You may have noticed the swarm of seemingly younger-than-average students taking over the Main Green this past weekend. Judging from the neat display of blazers, folders and nametags, you may have thought it was yet another job recruitment event or career fair aimed at those 2012-ers seeking to be employed right after college. Chances are that, unless you knew what was going on, your first guess would not have been that 800 high school students were gathering at Brown for the 15th annual Brown University Simulation of the United Nations conference.

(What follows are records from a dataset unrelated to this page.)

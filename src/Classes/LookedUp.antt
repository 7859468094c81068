-- ===== src/Classes/LookedUp.antt =====
-- What the look-up of the members of a class does, in every case.
use v_j_bc.Base.{
  ◌+◌, String, str_eq, str_eq_refl, ◌≡◌, refl, sym, ◌∙◌, ◌⊎◌, inl, inr, true, false, Bool-cases,
  Option, none, some, List, [], ◌∷◌, length, arith,
}
use v_j_bc.Classes.{
  Handle, Jvm, Globals, Registry, Member, Outcome, next, returned, lookup, assign, look_up,
  look_up_all, ◌>>=◌,
}
use v_j_bc.Classes.Found.{
  is_some, members_found, fields, contains, distinct, Holds, Keeps, Elsewhere,
}

pub Option-cases : {A : Type 0} (o : Option A) → (o ≡ none) ⊎ ((a : A) × (o ≡ some a))
Option-cases none = inl refl
Option-cases (some a) = inr (a, refl)

pub assign-Keeps :
    (struct field : String) (h : Handle) (g : Globals) → Keeps g (assign struct field (some h) g)
assign-Keeps struct field h g s f e = ground arith

pub assign-Elsewhere :
    (struct field : String) (v : Option Handle) (g : Globals)
    → Elsewhere struct g (assign struct field v g)
assign-Elsewhere struct field v g s f e = ground arith

pub assign-set :
    (struct field f : String) (h : Handle) (g : Globals)
    → str_eq f field ≡ true
    → is_some (assign struct field (some h) g struct f) ≡ true
assign-set struct field f h g e = ground (arith, str_eq_refl struct)

pub assign-same :
    (struct field : String) (v : Option Handle) (g : Globals)
    → assign struct field v g struct field ≡ v
assign-same struct field v g = ground (arith, str_eq_refl struct, str_eq_refl field)

pub assign-other :
    (struct field f : String) (v : Option Handle) (g : Globals)
    → str_eq f field ≡ false
    → assign struct field v g struct f ≡ g struct f
assign-other struct field f v g e = ground (arith, e)

-- The variables of the class that are none of `fs` stay as they are.
abbrev pub Others : String → List String → Globals → Globals → Type 0
Others struct fs g g' = (f : String) → contains f fs ≡ false → g' struct f ≡ g struct f

assign-Others :
    (struct field : String) (fs : List String) (v : Option Handle) (g : Globals)
    → Others struct (field ∷ fs) g (assign struct field v g)
assign-Others struct field fs v g f c = assign-other struct field f v g (ground (arith, c))

Others-cons :
    (struct field : String) (fs : List String) (v : Option Handle) (g g' : Globals)
    → Others struct fs (assign struct field v g) g'
    → Others struct (field ∷ fs) g g'
Others-cons struct field fs v g g' others f c =
    others f (ground (arith, c)) ∙ assign-Others struct field fs v g f c

-- What the look-up of the members of a class does.
pub data LookedUp (jvm : Jvm) (struct : String) (class_id : Handle) (ms : List Member)
    (s : Registry) : Outcome (Unit {0}) → Type 0 where
  found :
      {s' : Registry}
      → members_found jvm s.clock class_id ms ≡ true
      → s'.clock ≡ s.clock + length ms
      → ((f : String) → contains f (fields ms) ≡ true → is_some (s'.globals struct f) ≡ true)
      → (distinct (fields ms) ≡ true → Holds jvm s'.globals struct class_id s.clock ms)
      → Others struct (fields ms) s.globals s'.globals
      → Keeps s.globals s'.globals
      → Elsewhere struct s.globals s'.globals
      → s'.local_refs ≡ s.local_refs
      → s'.global_refs ≡ s.global_refs
      → LookedUp jvm struct class_id ms s (next tt s')
  missing :
      {s' : Registry}
      → members_found jvm s.clock class_id ms ≡ false
      → Others struct (fields ms) s.globals s'.globals
      → Elsewhere struct s.globals s'.globals
      → s'.local_refs ≡ s.local_refs
      → s'.global_refs ≡ s.global_refs
      → LookedUp jvm struct class_id ms s (returned 1 s')

module _ (jvm : Jvm) (struct : String) (class_id : Handle) where
  extend :
      (m : Member) (ms : List Member) (s : Registry) (h : Handle) {o : Outcome (Unit {0})}
      → jvm s.clock (lookup class_id m) ≡ some h
      → LookedUp jvm struct class_id ms
          (record s { clock = s.clock + 1; globals = assign struct m.field (some h) s.globals })
          o
      → LookedUp jvm struct class_id (m ∷ ms) s o
  extend m ms s h e (found {s'} all clock set holds others keeps elsewhere locals globals) =
      found {s' = s'} (rw e all) (omega (arith, clock))
        (λ f c. elim (Bool-cases (str_eq f m.field)) [
          | inl p ↦ keeps struct f (assign-set struct m.field f h s.globals p)
          | inr p ↦ set f (ground (arith, c, p))
        ])
        (λ d. (
          others m.field (ground (arith, d))
              ∙ assign-same struct m.field (some h) s.globals
              ∙ sym e,
          holds (ground (arith, d)),
        ))
        (Others-cons struct m.field (fields ms) (some h) s.globals s'.globals others)
        (λ t f i. keeps t f (assign-Keeps struct m.field h s.globals t f i))
        (λ t f i. elsewhere t f i ∙ assign-Elsewhere struct m.field (some h) s.globals t f i) locals
        globals
  extend m ms s h e (missing {s'} some_missing others elsewhere locals globals) =
      missing (rw e some_missing)
        (Others-cons struct m.field (fields ms) (some h) s.globals s'.globals others)
        (λ t f i. elsewhere t f i ∙ assign-Elsewhere struct m.field (some h) s.globals t f i) locals
        globals

  look_up-none :
      (m : Member) (s : Registry)
      → jvm s.clock (lookup class_id m) ≡ none
      → look_up jvm struct class_id m s
        ≡ returned 1
            (record s { clock = s.clock + 1; globals = assign struct m.field none s.globals })
  unfolding look_up
  look_up-none m s e = rw (e, look_up) refl

  look_up-some :
      (m : Member) (s : Registry) (h : Handle)
      → jvm s.clock (lookup class_id m) ≡ some h
      → look_up jvm struct class_id m s
        ≡ next tt
            (record s { clock = s.clock + 1; globals = assign struct m.field (some h) s.globals })
  unfolding look_up
  look_up-some m s h e = rw (e, look_up) refl

  pub look_up_all-LookedUp :
      (ms : List Member) (s : Registry)
      → LookedUp jvm struct class_id ms s (look_up_all jvm struct class_id ms s)
  unfolding look_up_all ◌>>=◌
  look_up_all-LookedUp [] s =
      found refl (omega arith) (λ f c. absurd (ground (arith, c))) (λ d. tt) (λ f c. refl)
        (λ t f i. i) (λ t f i. refl) refl refl
  look_up_all-LookedUp (m ∷ ms) s = elim (Option-cases (jvm s.clock (lookup class_id m))) [
    | inl e ↦ rw (look_up-none m s e) (
        missing (rw e refl) (assign-Others struct m.field (fields ms) none s.globals)
          (assign-Elsewhere struct m.field none s.globals) refl refl)
    | inr (h, e) ↦ rw (look_up-some m s h e) (extend m ms s h e (look_up_all-LookedUp ms _))
  ]
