-- ===== src/Classes/Maps.antt =====
-- The classes of java/util/HashMap: the variables that the header of each
-- declares, and what its `_register` function looks up.
use v_j_bc.Base.{String, List, [], ◌∷◌, ◌++◌}
use v_j_bc.Classes.{Member, member, method, JavaClass}

abbrev pub hash_map_vars : List String
hash_map_vars =
    "classid" ∷ "init_int_float" ∷ "init_int" ∷ "init" ∷ "init_Map" ∷ "size" ∷ "isEmpty" ∷ "get"
    ∷ "containsKey" ∷ "put" ∷ "putAll" ∷ "remove" ∷ "clear" ∷ "containsValue" ∷ "keySet" ∷ "values"
    ∷ "entrySet" ∷ "getOrDefault" ∷ "putIfAbsent" ∷ "remove_Object_Object" ∷ "replace_if"
    ∷ "replace" ∷ "computeIfAbsent" ∷ "computeIfPresent" ∷ "compute" ∷ "merge" ∷ "forEach"
    ∷ "replaceAll" ∷ "clone" ∷ []

abbrev pub hash_map_members_1 : List Member
hash_map_members_1 =
    member "init_int_float" method "<init>" "(IF)V"
    ∷ member "init_int" method "<init>" "(I)V"
    ∷ member "init" method "<init>" "()V"
    ∷ member "init_Map" method "<init>" "(Ljava/util/Map;)V"
    ∷ member "size" method "size" "()I"
    ∷ member "isEmpty" method "isEmpty" "()Z"
    ∷ member "get" method "get" "(Ljava/lang/Object;)Ljava/lang/Object;"
    ∷ member "containsKey" method "containsKey" "(Ljava/lang/Object;)Z"
    ∷ member "put" method "put" "(Ljava/lang/Object;Ljava/lang/Object;)Ljava/lang/Object;"
    ∷ member "putAll" method "putAll" "(Ljava/util/Map;)V"
    ∷ member "remove" method "remove" "(Ljava/lang/Object;)Ljava/lang/Object;"
    ∷ member "clear" method "clear" "()V"
    ∷ member "containsValue" method "containsValue" "(Ljava/lang/Object;)Z"
    ∷ member "keySet" method "keySet" "()Ljava/util/Set;"
    ∷ []

abbrev pub hash_map_members_2 : List Member
hash_map_members_2 =
    member "values" method "values" "()Ljava/util/Collection;"
    ∷ member "entrySet" method "entrySet" "()Ljava/util/Set;"
    ∷ member "getOrDefault" method "getOrDefault"
        "(Ljava/lang/Object;Ljava/lang/Object;)Ljava/lang/Object;"
    ∷ member "putIfAbsent" method "putIfAbsent"
        "(Ljava/lang/Object;Ljava/lang/Object;)Ljava/lang/Object;"
    ∷ member "remove_Object_Object" method "remove" "(Ljava/lang/Object;Ljava/lang/Object;)Z"
    ∷ member "replace_if" method "replace"
        "(Ljava/lang/Object;Ljava/lang/Object;Ljava/lang/Object;)Z"
    ∷ member "replace" method "replace" "(Ljava/lang/Object;Ljava/lang/Object;)Ljava/lang/Object;"
    ∷ member "computeIfAbsent" method "computeIfAbsent"
        "(Ljava/lang/Object;Ljava/util/function/Function;)Ljava/lang/Object;"
    ∷ member "computeIfPresent" method "computeIfPresent"
        "(Ljava/lang/Object;Ljava/util/function/BiFunction;)Ljava/lang/Object;"
    ∷ member "compute" method "compute"
        "(Ljava/lang/Object;Ljava/util/function/BiFunction;)Ljava/lang/Object;"
    ∷ member "merge" method "merge"
        "(Ljava/lang/Object;Ljava/lang/Object;Ljava/util/function/BiFunction;)Ljava/lang/Object;"
    ∷ member "forEach" method "forEach" "(Ljava/util/function/BiConsumer;)V"
    ∷ member "replaceAll" method "replaceAll" "(Ljava/util/function/BiFunction;)V"
    ∷ member "clone" method "clone" "()Ljava/lang/Object;"
    ∷ []

abbrev pub hash_map_class : JavaClass
hash_map_class = record {
  struct = "HashMap";
  class_name = "java/util/HashMap";
  members = hash_map_members_1 ++ hash_map_members_2;
}
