-- ===== src/Classes/Registered.antt =====
-- What a registration does, in every case.
use v_j_bc.Base.{
  ◌+◌, String, str_eq, ◌≡◌, refl, ap, ◌∙◌, inl, inr, true, false, Bool-cases, none, some, ◌∷◌,
  length, arith,
}
use v_j_bc.Classes.{
  Handle, Jvm, Globals, Registry, JavaClass, Outcome, next, returned, find_class, new_global_ref,
  assign, find, make_global, look_up_all, delete_local_ref, register, without, ◌>>=◌,
}
use v_j_bc.Classes.Found.{
  is_some, members_found, owned_found, found_from, class_found, assigned, contains, distinct,
  fields, Holds, Keeps, Elsewhere,
}
use v_j_bc.Classes.LookedUp.{
  Option-cases, assign-Keeps, assign-Elsewhere, assign-set, assign-same, Others, LookedUp, found,
  missing, look_up_all-LookedUp,
}

-- What is left of a registration of `c` that begins in `s` and returns 1, by the call that failed.
pub data Left (jvm : Jvm) (c : JavaClass) (s s' : Registry) : Type 0 where
  no_class :
      jvm s.clock (find_class c.class_name) ≡ none
      → s'.globals ≡ s.globals
      → s'.local_refs ≡ s.local_refs
      → s'.global_refs ≡ s.global_refs
      → Left jvm c s s'
  no_global :
      (h : Handle)
      → jvm s.clock (find_class c.class_name) ≡ some h
      → jvm (s.clock + 1) (new_global_ref h) ≡ none
      → s'.globals c.struct "classid" ≡ none
      → s'.local_refs ≡ h ∷ s.local_refs
      → s'.global_refs ≡ s.global_refs
      → Left jvm c s s'
  no_member :
      (h g : Handle)
      → jvm s.clock (find_class c.class_name) ≡ some h
      → jvm (s.clock + 1) (new_global_ref h) ≡ some g
      → members_found jvm (s.clock + 1 + 1) g c.members ≡ false
      → s'.globals c.struct "classid" ≡ some g
      → s'.local_refs ≡ s.local_refs
      → s'.global_refs ≡ g ∷ s.global_refs
      → Left jvm c s s'

-- How a registration of `c` ends that begins in `s`.
pub data Registers (jvm : Jvm) (c : JavaClass) (s : Registry) : Outcome (Unit {0}) → Type 0 where
  registered :
      {s' : Registry} (h g : Handle)
      → class_found jvm s.clock c ≡ true
      → jvm s.clock (find_class c.class_name) ≡ some h
      → jvm (s.clock + 1) (new_global_ref h) ≡ some g
      → s'.globals c.struct "classid" ≡ some g
      → Holds jvm s'.globals c.struct g (s.clock + 1 + 1) c.members
      → s'.clock ≡ s.clock + (2 + length c.members)
      → ((f : String) → contains f (assigned c) ≡ true → is_some (s'.globals c.struct f) ≡ true)
      → Keeps s.globals s'.globals
      → Elsewhere c.struct s.globals s'.globals
      → s'.local_refs ≡ s.local_refs
      → s'.global_refs ≡ g ∷ s.global_refs
      → Registers jvm c s (next tt s')
  refused :
      {s' : Registry}
      → class_found jvm s.clock c ≡ false
      → Elsewhere c.struct s.globals s'.globals
      → Left jvm c s s'
      → Registers jvm c s (returned 1 s')

module _ (jvm : Jvm) (c : JavaClass) (one_name_each : distinct (assigned c) ≡ true)
    (s : Registry) where
  module _ (h g : Handle) (eh : jvm s.clock (find_class c.class_name) ≡ some h)
      (eg : jvm (s.clock + 1) (new_global_ref h) ≡ some g) where
    -- The state behind the deletion of the local reference.
    abbrev owned : Registry
    owned = record s {
      clock = s.clock + 1 + 1;
      globals = assign c.struct "classid" (some g) s.globals;
      global_refs = g ∷ s.global_refs;
    }

    found_eq : class_found jvm s.clock c ≡ members_found jvm (s.clock + 1 + 1) g c.members
    found_eq =
        ap (found_from jvm (s.clock + 1) c.members) eh
        ∙ ap (owned_found jvm (s.clock + 1 + 1) c.members) eg

    -- The look-up of the members leaves the reference to the class where it is.
    classid_held :
        (g' : Globals)
        → Others c.struct (fields c.members) owned.globals g'
        → g' c.struct "classid" ≡ some g
    classid_held g' others =
        others "classid" (ground (arith, one_name_each))
        ∙ assign-same c.struct "classid" (some g) s.globals

    own : {o : Outcome (Unit {0})} → LookedUp jvm c.struct g c.members owned o → Registers jvm c s o
    own (found {s'} all clock set holds others keeps elsewhere locals globals) =
        registered {s' = s'} h g (found_eq ∙ all) eh eg (classid_held s'.globals others)
          (holds (ground (arith, one_name_each))) (omega (arith, clock))
          (λ f i. elim (Bool-cases (str_eq f "classid")) [
            | inl p ↦ keeps c.struct f (assign-set c.struct "classid" f g s.globals p)
            | inr p ↦ set f (ground (arith, i, p))
          ])
          (λ t f i. keeps t f (assign-Keeps c.struct "classid" g s.globals t f i))
          (λ t f i. elsewhere t f i ∙ assign-Elsewhere c.struct "classid" (some g) s.globals t f i)
          locals globals
    own (missing {s'} some_missing others elsewhere locals globals) =
        refused {s' = s'} (found_eq ∙ some_missing)
          (λ t f i. elsewhere t f i ∙ assign-Elsewhere c.struct "classid" (some g) s.globals t f i)
          (no_member h g eh eg some_missing (classid_held s'.globals others) locals globals)

  -- The state behind `FindClass`.
  abbrev seen : Handle → Registry
  seen h = record s { clock = s.clock + 1; local_refs = h ∷ s.local_refs }

  find-none :
      jvm s.clock (find_class c.class_name) ≡ none
      → find jvm c.class_name s ≡ returned 1 (record s { clock = s.clock + 1 })
  unfolding find
  find-none e = rw (e, find) refl

  find-some :
      (h : Handle)
      → jvm s.clock (find_class c.class_name) ≡ some h
      → find jvm c.class_name s
        ≡ next h (record s { clock = s.clock + 1; local_refs = h ∷ s.local_refs })
  unfolding find
  find-some h e = rw (e, find) refl

  make_global-none :
      (h : Handle) (t : Registry)
      → jvm t.clock (new_global_ref h) ≡ none
      → make_global jvm c.struct h t
        ≡ returned 1
            (record t { clock = t.clock + 1; globals = assign c.struct "classid" none t.globals })
  unfolding make_global
  make_global-none h t e = rw (e, make_global) refl

  make_global-some :
      (h g : Handle) (t : Registry)
      → jvm t.clock (new_global_ref h) ≡ some g
      → make_global jvm c.struct h t
        ≡ next g (record t {
          clock = t.clock + 1;
          globals = assign c.struct "classid" (some g) t.globals;
          global_refs = g ∷ t.global_refs;
        })
  unfolding make_global
  make_global-some h g t e = rw (e, make_global) refl

  without_self : (h : Handle) → without h (h ∷ s.local_refs) ≡ s.local_refs
  without_self h = ground arith

  owns :
      (h : Handle)
      → jvm s.clock (find_class c.class_name) ≡ some h
      → Registers jvm c s (
          (make_global jvm c.struct h >>= λ g.
          delete_local_ref h >>= λ _. look_up_all jvm c.struct g c.members)
            (record s { clock = s.clock + 1; local_refs = h ∷ s.local_refs }))
  unfolding ◌>>=◌ delete_local_ref
  owns h eh = elim (Option-cases (jvm (s.clock + 1) (new_global_ref h))) [
    | inl e ↦ rw (make_global-none h (seen h) e) (
        refused
          (ap (found_from jvm (s.clock + 1) c.members) eh
            ∙ ap (owned_found jvm (s.clock + 1 + 1) c.members) e)
          (assign-Elsewhere c.struct "classid" none s.globals)
          (no_global h eh e (assign-same c.struct "classid" none s.globals) refl refl))
    | inr (g, e) ↦
        rw (make_global-some h g (seen h) e, without_self h)
          (own h g eh e (look_up_all-LookedUp jvm c.struct g c.members _))
  ]

  -- Whatever the JVM answers, for a class whose variables have different names, a registration that
  -- begins in any state goes on just where the JVM finds the class, makes it a global reference and
  -- finds all members. Then `classid` holds the global reference, the variable of each member holds
  -- what the JVM answered when it was looked up in that class, none of them is NULL, the registration
  -- has made two calls and one for each member, and it leaves the global reference and no local one.
  -- Otherwise it returns 1: if the class is not found, nothing has changed; if it can not be made
  -- global, `classid` is NULL and the local reference is left; and if a member is missing, `classid`
  -- holds the global reference, which is left. In every case the variables of the other classes are
  -- as before.
  pub register-Registers : Registers jvm c s (register jvm c s)
  unfolding register ◌>>=◌
  register-Registers = elim (Option-cases (jvm s.clock (find_class c.class_name))) [
    | inl e ↦ rw (find-none e) (
        refused (ap (found_from jvm (s.clock + 1) c.members) e) (λ t f i. refl)
          (no_class e refl refl refl))
    | inr (h, e) ↦ rw (find-some h e) (owns h e)
  ]
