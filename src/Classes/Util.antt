-- ===== src/Classes/Util.antt =====
-- The classes of java/util, the list and the map apart: the variables that the header of each
-- declares, and what its `_register` function looks up.
use v_j_bc.Base.{String, List, [], ◌∷◌}
use v_j_bc.Classes.{member, method, static_method, JavaClass}

abbrev pub simple_entry_vars : List String
simple_entry_vars =
    "classid" ∷ "init" ∷ "init_Entry" ∷ "getKey" ∷ "getValue" ∷ "setValue" ∷ "equals" ∷ "hashCode"
    ∷ "toString" ∷ []

abbrev pub simple_entry_class : JavaClass
simple_entry_class = record {
  struct = "SimpleEntry";
  class_name = "java/util/AbstractMap$SimpleEntry";
  members =
      member "init" method "<init>" "(Ljava/lang/Object;Ljava/lang/Object;)V"
      ∷ member "init_Entry" method "<init>" "(Ljava/util/Map$Entry;)V"
      ∷ member "getKey" method "getKey" "()Ljava/lang/Object;"
      ∷ member "getValue" method "getValue" "()Ljava/lang/Object;"
      ∷ member "setValue" method "setValue" "(Ljava/lang/Object;)Ljava/lang/Object;"
      ∷ member "equals" method "equals" "(Ljava/lang/Object;)Z"
      ∷ member "hashCode" method "hashCode" "()I"
      ∷ member "toString" method "toString" "()Ljava/lang/String;"
      ∷ [];
}

abbrev pub optional_vars : List String
optional_vars =
    "classid" ∷ "empty" ∷ "of" ∷ "ofNullable" ∷ "get" ∷ "isPresent" ∷ "ifPresent" ∷ "filter" ∷ "map"
    ∷ "flatMap" ∷ "orElse" ∷ "orElseGet" ∷ "orElseThrow" ∷ "equals" ∷ "hashCode" ∷ "toString" ∷ []

abbrev pub optional_class : JavaClass
optional_class = record {
  struct = "Optional";
  class_name = "java/util/Optional";
  members =
      member "empty" static_method "empty" "()Ljava/util/Optional;"
      ∷ member "of" static_method "of" "(Ljava/lang/Object;)Ljava/util/Optional;"
      ∷ member "ofNullable" static_method "ofNullable" "(Ljava/lang/Object;)Ljava/util/Optional;"
      ∷ member "get" method "get" "()Ljava/lang/Object;"
      ∷ member "isPresent" method "isPresent" "()Z"
      ∷ member "ifPresent" method "ifPresent" "(Ljava/util/function/Consumer;)V"
      ∷ member "filter" method "filter" "(Ljava/util/function/Predicate;)Ljava/util/Optional;"
      ∷ member "map" method "map" "(Ljava/util/function/Function;)Ljava/util/Optional;"
      ∷ member "flatMap" method "flatMap" "(Ljava/util/function/Function;)Ljava/util/Optional;"
      ∷ member "orElse" method "orElse" "(Ljava/lang/Object;)Ljava/lang/Object;"
      ∷ member "orElseGet" method "orElseGet" "(Ljava/util/function/Supplier;)Ljava/lang/Object;"
      ∷ member "orElseThrow" method "orElseThrow"
          "(Ljava/util/function/Supplier;)Ljava/lang/Object;"
      ∷ member "equals" method "equals" "(Ljava/lang/Object;)Z"
      ∷ member "hashCode" method "hashCode" "()I"
      ∷ member "toString" method "toString" "()Ljava/lang/String;"
      ∷ [];
}

abbrev pub uuid_vars : List String
uuid_vars =
    "classid" ∷ "init" ∷ "randomUUID" ∷ "nameUUIDFromBytes" ∷ "fromString"
    ∷ "getLeastSignificantBits" ∷ "getMostSignificantBits" ∷ "version" ∷ "variant" ∷ "timestamp"
    ∷ "clockSequence" ∷ "node" ∷ "toString" ∷ "hashCode" ∷ "equals" ∷ "compareTo"
    ∷ "compareTo_Object" ∷ []

abbrev pub uuid_class : JavaClass
uuid_class = record {
  struct = "UUID";
  class_name = "java/util/UUID";
  members =
      member "init" method "<init>" "(JJ)V"
      ∷ member "randomUUID" static_method "randomUUID" "()Ljava/util/UUID;"
      ∷ member "nameUUIDFromBytes" static_method "nameUUIDFromBytes" "([B)Ljava/util/UUID;"
      ∷ member "fromString" static_method "fromString" "(Ljava/lang/String;)Ljava/util/UUID;"
      ∷ member "getLeastSignificantBits" method "getLeastSignificantBits" "()J"
      ∷ member "getMostSignificantBits" method "getMostSignificantBits" "()J"
      ∷ member "version" method "version" "()I"
      ∷ member "variant" method "variant" "()I"
      ∷ member "timestamp" method "timestamp" "()J"
      ∷ member "clockSequence" method "clockSequence" "()I"
      ∷ member "node" method "node" "()J"
      ∷ member "toString" method "toString" "()Ljava/lang/String;"
      ∷ member "hashCode" method "hashCode" "()I"
      ∷ member "equals" method "equals" "(Ljava/lang/Object;)Z"
      ∷ member "compareTo" method "compareTo" "(Ljava/util/UUID;)I"
      ∷ member "compareTo_Object" method "compareTo" "(Ljava/lang/Object;)I"
      ∷ [];
}
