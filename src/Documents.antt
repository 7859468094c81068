-- ===== src/Documents.antt =====
-- The keys of encrypted documents: generated, wrapped for a peer, and unwrapped (the files
-- generateEncryptionKey, encryptKey and decryptKey of document).
pub mod Envelope
pub mod Wrap
pub mod Unwrap
pub mod RoundTrip
pub mod Generate
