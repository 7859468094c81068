-- ===== src/Documents/Envelope.antt =====
-- The layout of a wrapped key, independently of the code.
use v_j_bc.Base.{
  ◌≡◌, Bytes, ◌++◌, length, take, drop, length-append, arith, Option, none, some, ◌≤◌,
}
use v_j_bc.Suite.{Suite, IsSuite}

-- A key object of Java that may be null, with raw bytes that may be null.
abbrev pub KeyObject : Type 0
KeyObject = Option (Option Bytes)

-- The key, where there is one, is as long as the code reads.
abbrev pub LongKey : KeyObject → Type 0
LongKey (some (some key)) = 32 ≤ length key
LongKey (some none) = Unit
LongKey none = Unit

-- What is unwrapped has the size of a wrapped key.
abbrev pub LongEnveloped : Option Bytes → Type 0
LongEnveloped (some enveloped) = 48 ≤ length enveloped
LongEnveloped none = Unit

module _ (suite : Suite) (secret iv key : Bytes) where
  -- The key in two blocks, the second chained to the first.
  abbrev pub wrapped_1 : Bytes
  wrapped_1 = suite.block_encrypt secret iv (take 16 key)

  abbrev pub wrapped_2 : Bytes
  wrapped_2 = suite.block_encrypt secret wrapped_1 (take 16 (drop 16 key))

  abbrev pub wrapped : Bytes
  wrapped = iv ++ wrapped_1 ++ wrapped_2

  pub length-wrapped : IsSuite suite → length iv ≡ 16 → length wrapped ≡ 48
  length-wrapped laws is = omega (
    arith,
    length-append (iv ++ wrapped_1) wrapped_2,
    length-append iv wrapped_1,
    laws.length-block_encrypt secret iv (take 16 key),
    laws.length-block_encrypt secret wrapped_1 (take 16 (drop 16 key)),
    is,
  )

module _ (suite : Suite) (secret enveloped : Bytes) where
  abbrev pub unwrapped_1 : Bytes
  unwrapped_1 = suite.block_decrypt secret (take 16 enveloped) (take 16 (drop 16 enveloped))

  abbrev pub unwrapped_2 : Bytes
  unwrapped_2 =
      suite.block_decrypt secret (take 16 (drop 16 enveloped)) (take 16 (drop 32 enveloped))

  abbrev pub unwrapped : Bytes
  unwrapped = unwrapped_1 ++ unwrapped_2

BUSUN is a student-run Model UN conference that takes place every year on Brown's campus during the second week of November. For three consecutive days, the participants, who this year hailed from as close as Barrington, Rhode Island, and as far as Cork, Ireland, temporarily ditched their uniforms and casual garments to don the robes — as they had to dress in Western business attire for the duration of the conference — of delegates. As with other Model UN conferences around the world, BUSUN aims to reproduce the structure of the UN and is thus a superb exercise in role-playing.

But is it just inane role-playing?

The answer is more complicated than a yes or a no. Perhaps it's due to the fact that I've been reading about mimesis, simulacrum and other sorts of mind-boggling Theory with a capital T for one of my courses that I've become more observant of imitation, copying and what's real or not. As an outsider to Model UN who did BUSUN for the first time this year, I was initially amused by the idea of putting on my professional face and overseeing a group of high school students as they compiled the newspaper publication for this year's conference. I am in no way trivializing the experience, but I must say that the performative aspect of this conference secretly enthralled me and ultimately brought me to it.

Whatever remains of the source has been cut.